Assignment ▸ Copy, from the entries below, each line where the word "abbrev" can be found.

The input ▸
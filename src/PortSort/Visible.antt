-- ===== src/PortSort/Visible.antt =====
-- The list of ports that the caller of `addNode` keeps, after any number of calls.
use platform.Common.{ℕ, suc, ◌+◌, ◌≤◌, ◌≡◌, refl, sym, ◌∙◌, ◌≢◌, Option, none, some}
use platform.Common.{List, [], ◌∷◌, ◌++◌, arith, ok, length, get_elem?, set}
use platform.Common.{Bool-cases, true, false, length-set, length-append}
use platform.Common.{get_elem?-set_ne, get_elem?-set_self, get_elem?-append_lt}
use platform.Common.{get_elem?-append_length, inl, inr}
use mathlib.Core.Path.{subst}
use platform.Common.Int.{ℤ, negsuc, ltb_ℤ, unsigned, pos_part, neg_part}
use platform.PortSort.{Heap, creat_node, splice, add_node}
use platform.PortSort.Chain.{Cell, node_of, Chain, Avoids, Apart, Chain-set, Chain-append}
use platform.PortSort.Chain.{Chain-Avoids}
use platform.PortSort.Insert.{insert, visible, splice-Spliced, Spliced}

-- `sort` reaches exactly these cells, at different addresses, and they fit the heap.
pub record IsPortList (h : Heap) (sort : Option ℕ) (cs : List Cell) : Type 0 where
  pub chain : Chain h sort cs
  pub apart : Apart cs
  pub fits : length cs ≤ length h

-- No port is faster than one before it.
abbrev pub Bounded : ℤ → List Cell → Type 0
Bounded top [] = Unit
Bounded top (c ∷ cs) =
    (pos_part c.speed + neg_part top ≤ pos_part top + neg_part c.speed) × Bounded c.speed cs

abbrev pub IsFalling : List Cell → Type 0
IsFalling [] = Unit
IsFalling (c ∷ cs) = Bounded c.speed cs

Avoids-insert :
    (a : ℕ) (m : Cell) (cs : List Cell) → m.place ≢ a → Avoids a cs → Avoids a (insert m cs)
Avoids-insert a m [] ne out = (ne, tt)
Avoids-insert a m (c ∷ cs) ne out = elim (Bool-cases (ltb_ℤ m.speed c.speed)) [
  | inl e ↦ rw e (out.0, Avoids-insert a m cs ne out.1)
  | inr e ↦ rw e (ne, out)
]

Apart-insert : (m : Cell) (cs : List Cell) → Avoids m.place cs → Apart cs → Apart (insert m cs)
Apart-insert m [] out apart = (tt, tt)
Apart-insert m (c ∷ cs) out apart = elim (Bool-cases (ltb_ℤ m.speed c.speed)) [
  | inl e ↦
      rw e
        (Avoids-insert c.place m cs (λ q. out.0 (sym q)) apart.0, Apart-insert m cs out.1 apart.1)
  | inr e ↦ rw e (out, apart)
]

Apart-visible : (m : Cell) (cs : List Cell) → Avoids m.place cs → Apart cs → Apart (visible m cs)
Apart-visible m [] out apart = tt
Apart-visible m (c ∷ cs) out apart = elim (Bool-cases (ltb_ℤ m.speed c.speed)) [
  | inl e ↦
      rw e
        (Avoids-insert c.place m cs (λ q. out.0 (sym q)) apart.0, Apart-insert m cs out.1 apart.1)
  | inr e ↦ rw e apart
]

length-insert : (m : Cell) (cs : List Cell) → length (insert m cs) ≡ suc (length cs)
length-insert m [] = refl
length-insert m (c ∷ cs) = ground (arith, length-insert m cs)

length-visible : (m : Cell) (cs : List Cell) → length (visible m cs) ≤ suc (length cs)
length-visible m [] = omega arith
length-visible m (c ∷ cs) = ground (arith, length-insert m cs)

Bounded-insert :
    (top : ℤ) (m : Cell) (cs : List Cell)
    → (pos_part m.speed + neg_part top ≤ pos_part top + neg_part m.speed)
    → Bounded top cs
    → Bounded top (insert m cs)
Bounded-insert top m [] le b = (le, tt)
Bounded-insert top m (c ∷ cs) le b = ground (arith, Bounded-insert c.speed m cs)

visible-IsFalling : (m : Cell) (cs : List Cell) → IsFalling cs → IsFalling (visible m cs)
visible-IsFalling m [] f = tt
visible-IsFalling m (c ∷ cs) f = ground (arith, Bounded-insert c.speed m cs)

-- The caller's pointer still reaches the old head, so of the new list it sees what stands behind.
Chain-visible :
    (h h' : Heap) (sort first : Option ℕ) (m : Cell) (cs : List Cell)
    → Chain h sort cs
    → Chain h' first (insert m cs)
    → Chain h' sort (visible m cs)
Chain-visible h h' sort first m [] k k' = k
Chain-visible h h' sort first m (c ∷ cs) k k' = elim (Bool-cases (ltb_ℤ m.speed c.speed)) [
  | inl e ↦ rw e (let t = faster e k' in (k.0, t.1, t.2, t.3))
  | inr e ↦ rw e (let t = slower e k' in (k.0, t.3.1, t.3.2, t.3.3))
]
  where
    faster :
        ltb_ℤ m.speed c.speed ≡ true
        → Chain h' first (insert m (c ∷ cs))
        → Chain h' first (c ∷ insert m cs)
    faster e t = subst (λ l. Chain h' first l) {y = c ∷ insert m cs} (rw e refl) t

    slower :
        ltb_ℤ m.speed c.speed ≡ false
        → Chain h' first (insert m (c ∷ cs))
        → Chain h' first (m ∷ c ∷ cs)
    slower e t = subst (λ l. Chain h' first l) {y = m ∷ c ∷ cs} (rw e refl) t

-- The node that `creatNode` makes.
abbrev pub made : Heap → ℤ → ℤ → Cell
made h speed port_id = record { place = length h; speed = speed; port = unsigned 8 port_id }

module _ (h : Heap) (sort : Option ℕ) (cs : List Cell) (speed port_id : ℤ)
    (w : IsPortList h sort cs) where
  abbrev dummy : Cell
  dummy = record { place = suc (length h); speed = negsuc 0; port = 255 }

  abbrev both : Heap
  both = (h ++ node_of (made h speed port_id) none ∷ []) ++ node_of dummy none ∷ []

  abbrev ready : Heap
  ready = set both (suc (length h)) (node_of dummy sort)

  one_more : length (h ++ node_of (made h speed port_id) none ∷ []) ≡ suc (length h)
  one_more = omega (arith, length-append h (node_of (made h speed port_id) none ∷ []))

  length-both : length both ≡ suc (suc (length h))
  length-both = omega (
    arith,
    length-append h (node_of (made h speed port_id) none ∷ []),
    length-append (h ++ node_of (made h speed port_id) none ∷ []) (node_of dummy none ∷ []),
  )

  add_node-splice :
      add_node h sort speed port_id ≡ splice (suc (length h)) ready sort (suc (length h)) (length h)
  unfolding add_node creat_node
  add_node-splice = rw (
    get_elem?-append_length (h ++ node_of (made h speed port_id) none ∷ []) (node_of dummy none) [],
    one_more,
  )

  at_made : get_elem? ready (length h) ≡ some (node_of (made h speed port_id) none)
  at_made =
      get_elem?-set_ne both (suc (length h)) (length h) _ (λ e. absurd (omega arith))
      ∙ get_elem?-append_lt (h ++ node_of (made h speed port_id) none ∷ []) _ (length h)
          (omega (arith, one_more))
      ∙ get_elem?-append_length h _ []

  add_node-Spliced : Spliced ready dummy (made h speed port_id) cs (add_node h sort speed port_id)
  add_node-Spliced = rw add_node-splice (
      splice-Spliced (suc (length h)) ready dummy (made h speed port_id) cs sort none
        (get_elem?-set_self both (suc (length h)) _ (omega (arith, length-both))) at_made
        (omega arith) (omega (arith, w.fits))
        (Chain-set both sort cs _ _ (Chain-Avoids h sort cs (suc (length h)) (omega arith) w.chain)
          (Chain-append _ sort cs _ (Chain-append h sort cs _ w.chain)))
        w.apart (Chain-Avoids h sort cs (length h) (omega arith) w.chain)
        (Chain-Avoids h sort cs (suc (length h)) (omega arith) w.chain))

  -- On a well-formed list addNode returns, and the caller's pointer then reaches a well-formed
  -- list: the old one with the port put behind all faster ports, or the old one unchanged where
  -- it is empty or the port is not slower than the head.
  pub add_node-IsPortList :
      (h' : Heap) × (add_node h sort speed port_id ≡ ok h')
      × IsPortList h' sort (visible (made h speed port_id) cs)
  add_node-IsPortList =
      let s = add_node-Spliced in
      (
        s.heap,
        s.returns,
        record {
          chain = Chain-visible h s.heap sort _ (made h speed port_id) cs w.chain s.chain.3;
          apart =
              Apart-visible (made h speed port_id) cs
                (Chain-Avoids h sort cs (length h) (omega arith) w.chain) w.apart;
          fits = omega (
            arith,
            s.size,
            w.fits,
            length-visible (made h speed port_id) cs,
            length-both,
            length-set both (suc (length h)) (node_of dummy sort),
          );
        },
      )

Task response ▸
abbrev pub Bounded : ℤ → List Cell → Type 0
abbrev pub IsFalling : List Cell → Type 0
abbrev pub made : Heap → ℤ → ℤ → Cell
  abbrev dummy : Cell
  abbrev both : Heap
  abbrev ready : Heap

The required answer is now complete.